This task documents the effort to get Anibus on XTools to help shield us from the armies of AI bots and web crawlers.
I successfully got Anubis runnging on a third-party wiki running on Ubuntu / Apache. Cloud VPS presents a different challenge, since TLS termination happens by the Cloud Services web proxy.
Environment
- Project xtools, VPS instance xtools-dev06.xtools.eqiad1.wikimedia.cloud
- Debian Bullseye
- Apache for routing requests to the application.
Steps taken
Changes made in Horizon
None! We need a web proxy pointing to port 80 and an ingress security group allowing traffic, which we already have on this instance.
Apache configuration
- Enable mod_headers with sudo a2enmod headers
- Enable mod_proxy_http with sudo a2enmod proxy_http
- Adjust the conf file to add Anubis as a reverse proxy:
# Forward traffic to Anubis <VirtualHost *:80> ServerAdmin tools-xtools-dev@toolforge.org ServerName xtools-dev.wmcloud.org DocumentRoot /var/www/public ErrorLog ${APACHE_LOG_DIR}/error-anubis.log CustomLog ${APACHE_LOG_DIR}/access-anubis.log combined LogFormat "%{X-Forwarded-For}i %t \"%r\" %>s \"%{Referer}i\" \"%{User-Agent}i\"" # These headers need to be set or else Anubis will # throw an "admin misconfiguration" error. RemoteIPHeader X-Forwarded-For SetEnvIf X-Forwarded-For "(.*)" saved_x_forwarded_for=$1 RequestHeader set "X-Real-Ip" "%{saved_x_forwarded_for}e" ProxyPreserveHost On # Replace 9000 with the port Anubis listens on ProxyPass / http://[::1]:9000/ ProxyPassReverse / http://[::1]:9000/ </VirtualHost> # Tell apache to listen on port 3001 so that it can serve the actual website Listen 0.0.0.0:3001 <VirtualHost *:3001> DocumentRoot /var/www/public ServerName xtools-dev.wmcloud.org # Same config we normally use # … </VirtualHost>
- Restart Apache with sudo service apache2 restart
Installing Anubis
I went with the native approach and am using Alien to build a Debian package from an RPM package:
$ sudo apt install alien … Setting up alien (8.95.4) ... $ wget https://github.com/TecharoHQ/anubis/releases/download/v1.21.1/anubis-1.21.1-1.x86_64.rpm … 2025-07-23 05:30:00 (125 MB/s) - 'anubis-1.21.1-1.x86_64.rpm' saved [12737057/12737057] sudo $ sudo alien -d anubis-1.21.1-1.x86_64.rpm … anubis_1.21.1-2_amd64.deb generated $ sudo apt install ./anubis_1.21.1-2_amd64.deb … Setting up anubis (1.21.1-2) ...
Running Anubis
For initial testing, we can use:
$ anubis -bind=0.0.0.0:9000 -target=http://0.0.0.0:3001 -cookie-domain xtools-dev.wmcloud.orgFor production, we'll want a systemd service:
[Unit] Description=Anubis Service [Service] User=root Group=root ExecStart=/usr/bin/anubis -bind 0.0.0.0:9000 -target=http://0.0.0.0:3001 -cookie-domain=xtools-dev.wmcloud.org Restart=always [Install] WantedBy=multi-user.target
Enable and start the service:
- sudo systemctl enable anubis
- sudo systemctl start anubis
Conclusion
In a single word: amazeballs
Anubis was deployed with XTools 3.22 and the results are stunning. It would appear that the lion's share of errors we were receiving regularly were due to bots hogging up resources.
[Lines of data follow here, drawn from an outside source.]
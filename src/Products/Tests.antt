-- ===== src/Products/Tests.antt =====
-- Two requirements with one id, and the theorem at work on them.
use event_driven_data_platfo.Base.{
  ◌≡◌, none, true, ◌↔◌, refl, some, List, [], ◌∷◌, Every, insert, lookup, contains,
}
use event_driven_data_platfo.Products.{
  Consumer, Product, Requirement, not_listed, validate_traceability, products_by_id,
  consumers_by_id, requirements_by_id, validate_all_traces, by_id, is_active, trace_errors,
  report_unlisted, found, is_listed, report_broken, broken, chain, is_given, has_any,
}
use event_driven_data_platfo.Products.Requirements.{
  validate_requirements, check_requirements, requirement_errors, field_errors, report_unless,
  is_known,
}
use event_driven_data_platfo.Products.Distinct.{all_requirements_traced}
use event_driven_data_platfo.Products.Traces.{IsTracedIfActive, validate_traceability-eq-nil}

abbrev consumers : List Consumer
consumers = record { consumer_id = "finance" } ∷ record { consumer_id = "risk" } ∷ []

abbrev products : List Product
products = record { product_id = "revenue"; modeled_consumers = "finance" ∷ [] } ∷ []

-- Its event type is none that the platform knows.
abbrev fin_001 : Requirement
fin_001 = record {
  requirement_id = "FIN-001";
  status = some "active";
  consumer_id = some "finance";
  product_id = some "revenue";
  source_event = some "no.such_event";
  processing_logic = some "order handler";
  serving_table = some "no_such_table";
  api_endpoint = some "/metrics/revenue";
  validation_rule = some "ranges";
  acceptance_criteria = "Tenant scoped." ∷ [];
  business_question = some "What is the revenue?";
  metric = some "revenue";
  slo_reference = none;
  test_reference = some "tests/test_revenue.py";
}

abbrev for_risk : Requirement
for_risk = record fin_001 { consumer_id = some "risk" }

unlisted :
    validate_traceability products consumers (for_risk ∷ [])
    ≡ not_listed "FIN-001" (some "risk") (some "revenue") ∷ []
unfolding validate_traceability validate_all_traces requirements_by_id by_id insert is_active
    trace_errors report_unlisted found lookup products_by_id is_listed contains report_broken broken
    chain consumers_by_id is_given has_any
unlisted = refl

-- The second requirement takes the place of the first, which is not looked at.
nothing_found : validate_traceability products consumers (for_risk ∷ fin_001 ∷ []) ≡ []
unfolding validate_traceability validate_all_traces requirements_by_id by_id insert is_active
    trace_errors report_unlisted found lookup products_by_id is_listed contains report_broken broken
    chain consumers_by_id is_given has_any
nothing_found = refl

validate_traceability-eq-nil_example :
    (validate_traceability products consumers (for_risk ∷ fin_001 ∷ []) ≡ [])
    ↔ Every
        (IsTracedIfActive (consumers_by_id consumers) (products_by_id products))
        (requirements_by_id (for_risk ∷ fin_001 ∷ []))
validate_traceability-eq-nil_example =
    validate_traceability-eq-nil products consumers (for_risk ∷ fin_001 ∷ [])

unreported :
    validate_requirements (λ id. true) ("finance" ∷ []) ("revenue" ∷ []) [] (fin_001 ∷ []) [] ≡ []
unfolding validate_requirements check_requirements requirement_errors report_unless contains
    field_errors is_given has_any is_known
unreported = refl

untraced_none : validate_traceability products consumers (fin_001 ∷ []) ≡ []
unfolding validate_traceability validate_all_traces requirements_by_id by_id insert is_active
    trace_errors report_unlisted found lookup products_by_id is_listed contains report_broken broken
    chain consumers_by_id is_given has_any
untraced_none = refl

all_requirements_traced_example :
    Every
      (λ r.
        IsTracedIfActive
          (consumers_by_id consumers)
          (products_by_id products)
          (r.requirement_id, r))
      (fin_001 ∷ [])
all_requirements_traced_example =
    all_requirements_traced (λ id. true) ("finance" ∷ []) ("revenue" ∷ []) [] [] products consumers
      (fin_001 ∷ []) unreported untraced_none
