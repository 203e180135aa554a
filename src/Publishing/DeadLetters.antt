-- ===== src/Publishing/DeadLetters.antt =====
-- publish_dlq of KafkaEventProducer: the event that carries a message that could not be processed.
-- The JSON text of the failure is an argument.
use event_driven_data_platfo.Base.{
  ◌≡◌, ◌⊎◌, inl, inr, refl, true, false, String, none, some, [], ◌∷◌, Dict, lookup, strip,
  Bool-cases, and-eq-true,
}
use event_driven_data_platfo.Base.Int.{pos}
use event_driven_data_platfo.Events.Types.{system_alert, event_type-event_value}
use event_driven_data_platfo.Events.Values.{
  Json, null, integer, text, Floats, Conversions, ConversionLaws,
}
use event_driven_data_platfo.Events.Payloads.{validate_event_payload}
use event_driven_data_platfo.Events.Envelopes.{
  EventEnvelope, Fresh, length_within, within_bounds, completed, ensure_timezone, validate_envelope,
  validate_envelope_of,
}
use event_driven_data_platfo.Events.Rereading.{input_of}

module _ {F : Type 0} where
  unfoldable pub dlq_payload : String → String → Dict (Json F)
  dlq_payload failed_stage message =
      ("service_name", text failed_stage)
      ∷ ("status", text "dlq")
      ∷ ("error_count", integer (pos 1))
      ∷ ("message", text message)
      ∷ []

  -- The envelope that is published to the topic of dead letters.
  unfoldable pub dlq_envelope : EventEnvelope F → String → String → EventEnvelope F
  unfolding dlq_payload
  dlq_envelope v failed_stage message = record v {
    kind = system_alert;
    payload = dlq_payload failed_stage message;
    source_service = failed_stage;
  }

  -- What the payload model makes of the payload of a dead letter.
  abbrev read_payload : String → String → Dict (Json F)
  read_payload failed_stage message =
      ("service_name", text failed_stage)
      ∷ ("status", text "dlq")
      ∷ ("latency_ms", null)
      ∷ ("error_count", integer (pos 1))
      ∷ ("throughput_per_minute", null)
      ∷ ("kafka_lag", null)
      ∷ ("cache_hit_rate", null)
      ∷ ("message", text message)
      ∷ []

  message_lem :
      (failed_stage message : String)
      → lookup "message" (read_payload failed_stage message) ≡ some (text message)
  unfolding lookup
  message_lem failed_stage message = refl

  module _ (fl : Floats F) (cv : Conversions F) (laws : ConversionLaws F fl cv) where
    dlq_payload-validates :
        (failed_stage message : String)
        → validate_event_payload fl cv system_alert (dlq_payload failed_stage message)
          ≡ some (read_payload failed_stage message)
    unfolding dlq_payload validate_event_payload lookup
    dlq_payload-validates failed_stage message =
        rw
          (
            laws.text_same failed_stage,
            laws.text_same "dlq",
            laws.text_same message,
            laws.int_same (pos 1),
          )
          refl

    -- A reader that takes the envelope gets the id and the tenant of the event that failed, and the
    -- message.
    abbrev pub IsLetterOf : EventEnvelope F → String → String → EventEnvelope F → Type 0
    IsLetterOf v failed_stage message w =
        (w.event_id ≡ v.event_id)
        × (w.kind ≡ system_alert)
        × (w.tenant_id ≡ strip v.tenant_id)
        × (w.source_service ≡ strip failed_stage)
        × (w.event_timestamp ≡ v.event_timestamp)
        × (lookup "message" w.payload ≡ some (text message))

    -- The dead letter of an event is a copy that no validator has seen. Given to the envelope's model
    -- field by field, its time as a text, it is refused where the tenant, the failed stage or the version
    -- of the event is outside the bounds of an envelope, and else accepted, with the id, the tenant and
    -- the time of the event, the failed stage as its source, and the message. Assumes that conversions
    -- leave texts and whole numbers as they are.
    pub dlq_envelope-IsRead :
        (fresh : Fresh) (v : EventEnvelope F) (failed_stage message : String)
        → ((within_bounds fl cv (input_of (dlq_envelope v failed_stage message)) ≡ false)
            × (validate_envelope fl cv fresh (input_of (dlq_envelope v failed_stage message))
                ≡ none))
          ⊎ ((length_within 2 80 v.tenant_id ≡ true)
              × (length_within 2 120 failed_stage ≡ true)
              × (w : EventEnvelope F) × (validate_envelope fl cv fresh
                    (input_of (dlq_envelope v failed_stage message))
                  ≡ some w)
              × IsLetterOf v failed_stage message w)
    unfolding dlq_envelope validate_envelope completed within_bounds ensure_timezone
    dlq_envelope-IsRead fresh v failed_stage message =
        let letter = dlq_envelope v failed_stage message in
        elim (Bool-cases (within_bounds fl cv (input_of letter))) [
          | inr out ↦ inl (out, rw out refl)
          | inl ok ↦
              let (tenant, rest) = and-eq-true (length_within 2 80 v.tenant_id) _ ok in
              let (stage, _) = and-eq-true (length_within 2 120 failed_stage) _ rest in
              inr (
                tenant,
                stage,
                completed fl cv fresh (input_of letter) system_alert v.event_timestamp
                    (read_payload failed_stage message),
                validate_envelope_of fl cv fresh (input_of letter) system_alert v.event_timestamp
                    (read_payload failed_stage message) ok (event_type-event_value system_alert)
                    refl (dlq_payload-validates failed_stage message),
                (refl, refl, refl, refl, refl, message_lem failed_stage message),
              )
        ]
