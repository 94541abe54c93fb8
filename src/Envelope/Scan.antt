-- ===== src/Envelope/Scan.antt =====
-- `parseEnvelopesFromScript` of packages/core/src/envelope.ts. The cursor is the list of instructions
-- that are not consumed yet.
use ordspv.Common.{
  ℕ, zero, suc, ◌+◌, ◌-◌, Bool, true, false, ◌&&◌, ◌||◌, List, [], ◌∷◌, ◌++◌, Option, none, some,
  ok, err, leb, ◌==◌, if◌then◌else◌, length,
}
use ordspv.Script.Parse.{ScriptOp, op_if, op_endif, op_1negate, op_1, op_16, parse_script}

-- What one attempt makes: a RawEnvelope before it is numbered.
pub record ScriptEnvelope : Type 0 where
  pub payload : List (List ℕ)
  pub pushnum : Bool
  pub stutter : Bool

pub record Attempt : Type 0 where
  pub cursor : List ScriptOp
  pub stutter : Bool
  pub envelope : Option ScriptEnvelope

unfoldable pub is_empty_payload : Option (List ℕ) → Bool
is_empty_payload (some []) = true
is_empty_payload _ = false

unfoldable pub is_empty_push : ScriptOp → Bool
unfolding is_empty_payload
is_empty_push op = is_empty_payload op.payload

unfoldable pub is_ord_payload : Option (List ℕ) → Bool
is_ord_payload (some (a ∷ b ∷ c ∷ [])) = (a == 0x6f) && ((b == 0x72) && (c == 0x64))
is_ord_payload _ = false

unfoldable pub is_ord_marker : ScriptOp → Bool
unfolding is_ord_payload
is_ord_marker op = is_ord_payload op.payload

-- The bytes of a payload item, and whether a pushnum opcode made them.
abbrev pub Item : Type 0
Item = List ℕ × Bool

unfoldable pub opcode_bytes : ℕ → Option Item
opcode_bytes opcode =
    if opcode == op_1negate
    then some (0x81 ∷ [], true)
    else (if leb op_1 opcode && leb opcode op_16
        then some ((opcode - op_1 + 1) ∷ [], true)
        else none)

unfoldable pub item_bytes : ℕ → Option (List ℕ) → Option Item
unfolding opcode_bytes
item_bytes opcode (some bs) = some (bs, false)
item_bytes opcode none = opcode_bytes opcode

unfoldable pub payload_bytes : ScriptOp → Option Item
unfolding item_bytes
payload_bytes op = item_bytes op.opcode op.payload

unfoldable pub no_payload : Option (List ℕ) → Bool
no_payload none = true
no_payload (some bs) = false

-- A push never equals an opcode.
unfoldable pub is_op : ScriptOp → ℕ → Bool
unfolding no_payload
is_op op opcode = no_payload op.payload && op.opcode == opcode

-- The probed instruction is left for the outer scan.
unfoldable pub stutter_at : List ScriptOp → Bool
stutter_at [] = false
stutter_at (op ∷ ops) = is_empty_push op

abbrev pub refuse : List ScriptOp → Attempt
refuse cursor = record { cursor = cursor; stutter = stutter_at cursor; envelope = none }

abbrev pub abandon : List ScriptOp → Attempt
abandon cursor = record { cursor = cursor; stutter = false; envelope = none }

-- The payload loop of `fromInstructions`; what it consumes stays consumed.
unfoldable pub payload_loop : List ScriptOp → List (List ℕ) → Bool → Bool → Attempt
payload_loop [] payload pushnum stutter = abandon []
payload_loop (op ∷ ops) payload pushnum stutter =
    let found : Attempt = record {
      cursor = ops;
      stutter = false;
      envelope = some (record { payload = payload; pushnum = pushnum; stutter = stutter });
    } in
    let more : Attempt = elim (payload_bytes op) [
      | none ↦ abandon ops
      | some (bs, num) ↦ payload_loop ops (payload ++ (bs ∷ [])) (pushnum || num) stutter
    ] in
    if is_op op op_endif then found else more

unfoldable pub from_marker : List ScriptOp → Bool → Attempt
from_marker [] stutter = refuse []
from_marker (op ∷ ops) stutter =
    if is_ord_marker op then payload_loop ops [] false stutter else refuse (op ∷ ops)

-- Called with the cursor just past an empty push.
unfoldable pub from_instructions : List ScriptOp → Bool → Attempt
unfolding from_marker
from_instructions [] stutter = refuse []
from_instructions (op ∷ ops) stutter =
    if is_op op op_if then from_marker ops stutter else refuse (op ∷ ops)

-- `stuttered` is assigned after a failed attempt only.
unfoldable pub next_stutter : Option ScriptEnvelope → Bool → Bool → Bool
next_stutter (some e) tried stuttered = stuttered
next_stutter none tried stuttered = tried

-- `envelopes.push(result.envelope)`, when there is one.
unfoldable pub keep : Option ScriptEnvelope → List ScriptEnvelope → List ScriptEnvelope
keep (some e) rest = e ∷ rest
keep none rest = rest

-- `while (cursor < ops.length)`
unfoldable pub scan_loop : ℕ → List ScriptOp → Bool → List ScriptEnvelope
scan_loop fuel [] stuttered = []
scan_loop zero (op ∷ ops) stuttered = []
scan_loop (suc fuel) (op ∷ ops) stuttered =
    let attempt = from_instructions ops stuttered in
    let stuttered' = next_stutter attempt.envelope attempt.stutter stuttered in
    let tried = scan_loop fuel attempt.cursor stuttered' in
    let passed = scan_loop fuel ops stuttered in
    if is_empty_push op then keep attempt.envelope tried else passed

-- Each round consumes an instruction at least.
unfoldable pub scan : List ScriptOp → List ScriptEnvelope
scan ops = scan_loop (length ops) ops false

-- A script that does not parse has no envelopes.
unfoldable pub parse_envelopes_from_script : List ℕ → List ScriptEnvelope
parse_envelopes_from_script script = elim (parse_script script) [ ok ops ↦ scan ops | err e ↦ [] ]
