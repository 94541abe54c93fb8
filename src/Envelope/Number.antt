-- ===== src/Envelope/Number.antt =====
-- `parseEnvelopesFromTx` of packages/core/src/envelope.ts: envelopes numbered across the inputs.
use ordspv.Common.{ℕ, ◌+◌, Bool, List, [], ◌∷◌, ◌++◌, none, some, length}
use ordspv.Taproot.{extract_tapscript}
use ordspv.Tx.Types.{TxInput, ParsedTx}
use ordspv.Envelope.Scan.{ScriptEnvelope, parse_envelopes_from_script}

pub record RawEnvelope : Type 0 where
  pub input : ℕ
  pub offset_in_input : ℕ
  pub index : ℕ
  pub payload : List (List ℕ)
  pub pushnum : Bool
  pub stutter : Bool

-- The inner loop: the envelopes of input `vin`, from the two counters on.
unfoldable pub number_envelopes : ℕ → ℕ → ℕ → List ScriptEnvelope → List RawEnvelope
number_envelopes vin offset index [] = []
number_envelopes vin offset index (e ∷ es) =
    record {
      input = vin;
      offset_in_input = offset;
      index = index;
      payload = e.payload;
      pushnum = e.pushnum;
      stutter = e.stutter;
    }
    ∷ number_envelopes vin (offset + 1) (index + 1) es

-- The envelopes of one input's witness.
unfoldable pub input_envelopes : TxInput → List ScriptEnvelope
input_envelopes i = elim (extract_tapscript i.witness) [
  | none ↦ []
  | some t ↦ parse_envelopes_from_script t.script
]

unfoldable pub envelopes_loop : ℕ → ℕ → List TxInput → List RawEnvelope
envelopes_loop vin index [] = []
envelopes_loop vin index (i ∷ rest) =
    let found = input_envelopes i in
    number_envelopes vin 0 index found ++ envelopes_loop (vin + 1) (index + length found) rest

unfoldable pub parse_envelopes_from_tx : ParsedTx → List RawEnvelope
parse_envelopes_from_tx tx = envelopes_loop 0 0 tx.inputs
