-- ===== src/InscriptionId.antt =====
-- packages/core/src/inscriptionId.ts: inscription ids, `<txid>i<index>`.
pub mod RoundTrip
pub mod Agree
use ordspv.Common.{
  ℕ, ◌+◌, ◌-◌, Bool, true, false, not, ◌&&◌, ◌||◌, List, [], ◌∷◌, ◌++◌, Option, none, some, Result,
  ok, err, throw, failure, require, ◌>>=◌, ◌>>◌, leb, ltb, ◌==◌, if◌then◌else◌, length, take, drop,
  get_or, String,
}
use ordspv.Bytes.Hex.{display_to_internal, bytes_equal}
use ordspv.Bytes.Reader.{max_safe_integer}
use ordspv.Text.{to_lower_case, is_digit, is_canonical_decimal, decimal_value, to_decimal}

pub record InscriptionId : Type 0 where
  pub txid : List ℕ
  pub txid_le : List ℕ
  pub index : ℕ

unfoldable pub is_lower_hex : ℕ → Bool
unfolding is_digit
is_lower_hex c = is_digit c || (leb b'a' c && leb c b'f')

unfoldable pub all_lower_hex : List ℕ → Bool
unfolding is_lower_hex
all_lower_hex [] = true
all_lower_hex (c ∷ cs) = is_lower_hex c && all_lower_hex cs

-- `/^[0-9a-f]{64}i(0|[1-9][0-9]*)$/`
unfoldable pub matches_id : List ℕ → Bool
matches_id s =
    (length (take 64 s) == 64)
    && (all_lower_hex (take 64 s) && ((get_or s 64 0 == b'i') && is_canonical_decimal (drop 65 s)))

abbrev pub max_index : ℕ
max_index = 0xffff_ffff

pub data IdRejection : Type 0 where
  shape range : IdRejection

unfoldable pub rejection_for : List ℕ → Option IdRejection
unfolding matches_id
rejection_for normalized =
    if not (matches_id normalized)
    then some shape
    else (let index = decimal_value (drop 65 normalized) in
        if not (leb index max_safe_integer) || ltb max_index index then some range else none)

unfoldable pub message_for : IdRejection → String
message_for shape = "invalid inscription id"
message_for range = "inscription index out of range"

-- The parser behind its rejections.
unfoldable pub parse_normalized : Option IdRejection → List ℕ → Result InscriptionId
parse_normalized (some rejection) normalized = throw (message_for rejection)
parse_normalized none normalized = do
  txid_le ← display_to_internal (take 64 normalized)
  ok (record {
    txid = take 64 normalized;
    txid_le = txid_le;
    index = decimal_value (drop 65 normalized);
  })

unfoldable pub parse_inscription_id : List ℕ → Result InscriptionId
unfolding parse_normalized
parse_inscription_id id =
    let normalized = to_lower_case id in parse_normalized (rejection_for normalized) normalized

unfoldable pub format_inscription_id : List ℕ → ℕ → List ℕ
format_inscription_id txid index = to_lower_case txid ++ (b'i' ∷ to_decimal index)

unfoldable pub is_accepted : Option IdRejection → Bool
is_accepted none = true
is_accepted (some r) = false

unfoldable pub is_inscription_id : List ℕ → Bool
unfolding is_accepted
is_inscription_id s = is_accepted (rejection_for (to_lower_case s))

unfoldable pub message_of : Option IdRejection → Option String
message_of none = none
message_of (some r) = some (message_for r)

unfoldable pub inscription_id_error : List ℕ → Option String
unfolding message_of
inscription_id_error s = message_of (rejection_for (to_lower_case s))

unfoldable pub has_inscription_id_shape : List ℕ → Bool
has_inscription_id_shape s = matches_id (to_lower_case s)

-- The caller's own argument names itself where it does not parse.
unfoldable pub parse_expected : List ℕ → Result InscriptionId
parse_expected expected = elim (parse_inscription_id expected) [
  | ok wanted ↦ ok wanted
  | err e ↦ throw "expectedInscriptionId"
]

unfoldable pub check_expected_inscription_id : InscriptionId → Option (List ℕ) → Result (Unit {0})
unfolding parse_expected
check_expected_inscription_id id none = ok tt
check_expected_inscription_id id (some expected) = do
  wanted ← parse_expected expected
  require (bytes_equal wanted.txid id.txid && wanted.index == id.index)
      (failure "bundle proves another inscription than the caller asked for")
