-- ===== src/Envelope/Payload.antt =====
-- `splitPayload` and the field decoders of packages/core/src/envelope.ts.
use ordspv.Common.{
  ℕ, ◌+◌, ◌*◌, ◌-◌, Bool, true, false, not, ◌&&◌, ◌||◌, List, [], ◌∷◌, Option, none, some, foldr,
  ltb, ◌==◌, if◌then◌else◌, length, take, drop, get_or, min,
}
use ordspv.Bytes.Hex.{bytes_equal, internal_to_display}
use ordspv.InscriptionId.{format_inscription_id}
use ordspv.Tx.Types.{all_zero}

abbrev pub Field : Type 0
Field = List ℕ × List ℕ

pub record EnvelopeFields : Type 0 where
  pub fields : List Field
  pub body_chunks : Option (List (List ℕ))
  pub incomplete_field : Bool
  pub duplicate_field : Bool

-- What the loop over the payload collects.
pub record Split : Type 0 where
  pub fields : List Field
  pub body_chunks : Option (List (List ℕ))
  pub incomplete_field : Bool

abbrev pub body_of : List (List ℕ) → Split
body_of chunks = record { fields = []; body_chunks = some chunks; incomplete_field = false }

abbrev pub with_field : List ℕ → List ℕ → Split → Split
with_field tag value s = record s { fields = (tag, value) ∷ s.fields }

-- An empty item in tag position separates the body.
unfoldable pub split_loop : List (List ℕ) → Split
split_loop [] = record { fields = []; body_chunks = none; incomplete_field = false }
split_loop ([] ∷ rest) = body_of rest
split_loop ((t ∷ ts) ∷ []) = record { fields = []; body_chunks = none; incomplete_field = true }
split_loop ((t ∷ ts) ∷ value ∷ rest) = with_field (t ∷ ts) value (split_loop rest)

unfoldable pub has_tag : List ℕ → List (List ℕ) → Bool
has_tag tag [] = false
has_tag tag (s ∷ seen) = bytes_equal s tag || has_tag tag seen

-- The loop over the fields with the set of the tags seen so far.
unfoldable pub duplicate_loop : List Field → List (List ℕ) → Bool
unfolding has_tag
duplicate_loop [] seen = false
duplicate_loop ((tag, value) ∷ rest) seen = has_tag tag seen || duplicate_loop rest (tag ∷ seen)

unfoldable pub split_payload : List (List ℕ) → EnvelopeFields
unfolding split_loop duplicate_loop
split_payload payload =
    let s = split_loop payload in
    record {
      fields = s.fields;
      body_chunks = s.body_chunks;
      incomplete_field = s.incomplete_field;
      duplicate_field = duplicate_loop s.fields [];
    }

-- 32 bytes of txid and up to 4 little-endian index bytes. A trailing zero index byte is refused in
-- the forms of 1 to 3 index bytes.
unfoldable pub parse_inscription_id_value : List ℕ → Option (List ℕ)
parse_inscription_id_value value =
    let index_len = length value - 32 in
    let last = get_or value (length value - 1) 0 in
    if ltb (length value) 32 || ltb 36 (length value)
    then none
    else (if not (index_len == 0) && (not (index_len == 4) && last == 0)
        then none
        else some (
            format_inscription_id (internal_to_display (take 32 value))
              (foldr (λ b v. v * 256 + b) 0 (drop 32 value))))

-- A little-endian u64; bytes beyond the eighth must be zero.
unfoldable pub decode_le_u64_trimmed : List ℕ → Option ℕ
unfolding all_zero
decode_le_u64_trimmed value =
    if all_zero (drop 8 value)
    then some (foldr (λ b v. v * 256 + b) 0 (take (min (length value) 8) value))
    else none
A typical 24-hour period prior to Anubis:
And what we have so far post-Anubis:
It hasn't been but about 8 hours, but I think it's safe to say this Anubis thing works! The load, network and CPU usage is dramatically lower than before. I'm not able to visualize the error rate, but I can tell you prior to Anubis, we'd get a query timeout error (or something similar) every few minutes. So far, we have seen zero errors after deploying Anubis! :mindblown: I even tested to make sure error reporting wasn't broken. It's not. There have really been no errors at all :)
Ever since we launched XTools 3.0 in 2017, we have had to deal with abusive bots. I guesstimate my total time spent on counter-bot measures over the years must be in the hundreds of hours. Hopefully now, once and for all, that is a problem of the past!
It is also worth noting that the Page History tool (which is among the most popular), now caches its full results for 10 minutes like every other tool. That surely is also helping a great deal, as before it would re-query on every request. We already had counter-bot measures for this, so I do not believe it to be a significant factor in reduction of CPU etc., but it is certainly a factor.